Paralympian puts Hartpury students in a spin


Paralympian Mel Nicholls put a group of Hartpury students through their paces as she gave them a taste of what training at the top is like.

Nicholls, a former equine science student at Hartpury, delivered three gruelling spin workouts to groups of second-year Fitness diploma and Rugby diploma students.

The students involved were all hooked up to brand-new heart rate monitors during the sessions. They showed individual heart rates during the workout as well as what percentage of their maximum heart rate students were working at.

Mel, who has represented Great Britain at the last two Paralympics, took the students through one of her own pre-race warm up routines using the college’s static gym bikes. She worked the students through different phases of the warm up session, working in different heart rate zones. The group finished with a three-minute time trial effort at ‘race pace’ to close the session. Mel explained how she has to keep that same maximal effort for 30-90 minutes as opposed to three minutes, using just her arms.

Mel said: “I’ve really enjoyed working with the students and helping them to understand my training, and what it takes to go for gold. It was also great for me to learn about their studies and aspirations.  I train at this level six days a week, so I’m really impressed with the effort and engagement put in by all the students today.  I’m already looking forward to planning my next sessions with Hartpury.”

During another recent visit to the college, Mel also spoke to over 100 coaching diploma, and sport and exercise diploma students, about the world of disability sport. She brought in her racing wheelchair ‘Dolly’ (mark III), which she used to race for Great Britain at the London 2012 Paralympic games.

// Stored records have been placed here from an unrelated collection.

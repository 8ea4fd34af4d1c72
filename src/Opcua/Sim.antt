-- ===== src/Opcua/Sim.antt =====
-- opcua_edge_server/src/telemetry_sim.c with the constants of telemetry_params.h. The arithmetic of
-- double, the functions of math.h, the cast to `float` and `rand_r` are parameters.
use edge_ipc_daemon.Prelude.{ℕ}

pub record Maths : Type 1 where
  pub Value : Type 0
  pub Single : Type 0
  pub of_int : ℕ → Value
  pub add : Value → Value → Value
  pub sub : Value → Value → Value
  pub mul : Value → Value → Value
  pub div : Value → Value → Value
  pub neg : Value → Value
  pub sin : Value → Value
  pub cos : Value → Value
  pub exp : Value → Value
  pub log : Value → Value
  pub sqrt : Value → Value
  pub pi : Value
  pub tenth : Value
  pub thousandth : Value
  pub single : Value → Single
  -- the number drawn, and the seed after it
  pub rand_r : ℕ → ℕ × ℕ
  pub rand_max : Value

pub record Params (m : Maths) : Type 0 where
  pub vib_a : m.Value
  pub vib_omega : m.Value
  pub vib_sigma : m.Value
  pub temp_ambient : m.Value
  pub temp_delta : m.Value
  pub temp_tau : m.Value
  pub temp_sigma : m.Value
  pub rpm_base : m.Value
  pub rpm_sigma : m.Value
  pub torque_base : m.Value
  pub torque_omega : m.Value
  pub torque_sigma : m.Value
  pub axis_range : m.Value
  pub axis_freq : m.Value

module _ (m : Maths) where
  open m use {
    Value, Single, of_int, add, sub, mul, div, neg, sin, cos, exp, log, sqrt, pi, single, rand_r,
    rand_max,
  }

  unfoldable pub box_muller : ℕ → Value × ℕ
  box_muller seed =
      let first = rand_r seed in
      let second = rand_r first.1 in
      let u1 = div (add (of_int first.0) (of_int 1)) (add rand_max (of_int 2)) in
      let u2 = div (of_int second.0) (add rand_max (of_int 1)) in
      (mul (sqrt (mul (neg (of_int 2)) (log u1))) (cos (mul (mul (of_int 2) pi) u2)), second.1)

  module _ (p : Params m) where
    unfoldable pub telemetry_vibration : Value → ℕ → ℕ → Single × ℕ
    telemetry_vibration t axis_idx seed =
        let phase = mul (of_int axis_idx) (div (mul (of_int 2) pi) (of_int 3)) in
        let signal = mul p.vib_a (sin (add (mul p.vib_omega t) phase)) in
        let b = box_muller seed in (single (add signal (mul p.vib_sigma b.0)), b.1)

    unfoldable pub telemetry_temperature : Value → ℕ → Single × ℕ
    telemetry_temperature t seed =
        let transient = mul p.temp_delta (sub (of_int 1) (exp (div (neg t) p.temp_tau))) in
        let b = box_muller seed in
        (single (add (add p.temp_ambient transient) (mul p.temp_sigma b.0)), b.1)

    unfoldable pub telemetry_spindle_speed : Value → ℕ → Single × ℕ
    telemetry_spindle_speed t seed =
        let b = box_muller seed in (single (add p.rpm_base (mul p.rpm_sigma b.0)), b.1)

    unfoldable pub telemetry_torque : Value → ℕ → Single × ℕ
    telemetry_torque t seed =
        let variation = mul (mul p.torque_base m.tenth) (sin (mul p.torque_omega t)) in
        let b = box_muller seed in
        (single (add (add p.torque_base variation) (mul p.torque_sigma b.0)), b.1)

    unfoldable pub telemetry_axis_position : Value → ℕ → Single
    telemetry_axis_position t axis_idx =
        let phase = mul (of_int axis_idx) (div pi (of_int 6)) in
        single (mul p.axis_range (sin (add (mul (mul (mul (of_int 2) pi) p.axis_freq) t) phase)))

The theme of Mel’s talks centred her own story and journey into disability sport and an overview of coaching a first time wheelchair racing session.

Aaron Grant was one of the students involved in Mel’s sessions. He’s a single leg amputee studying a sport and exercise science diploma at the college. He said: “It was great to be invited into this session and spend time talking one to one with Mel about her background and experiences, and where she sees herself by the next Olympics. I have taken her details and am looking at my sporting options going forward.”

Mel also recently supported a careers event at Hartpury. As part of a panel, she spoke to final year sports science degree students about applications of sports science as an elite athlete. She also helped to run a college-level workshop focussing on resilience, transferrable skills and preparing for the world of work.

Mel is currently part of the British Cycling team working towards the Tokyo 2020 Paralympic Games in the time trial and road race events. She is in her second year of hand bike, after swapping track wheelchair racing for the cycling sport. She has already achieved international medal success with two bronze medals last year on the World Cup circuit. Mel also became national champion in both time trial and road race.

Mel raced sprint and middle distance on track in athletics from 2011-2016, before making the successful move to endurance and marathon road racing following the Rio Paralympics.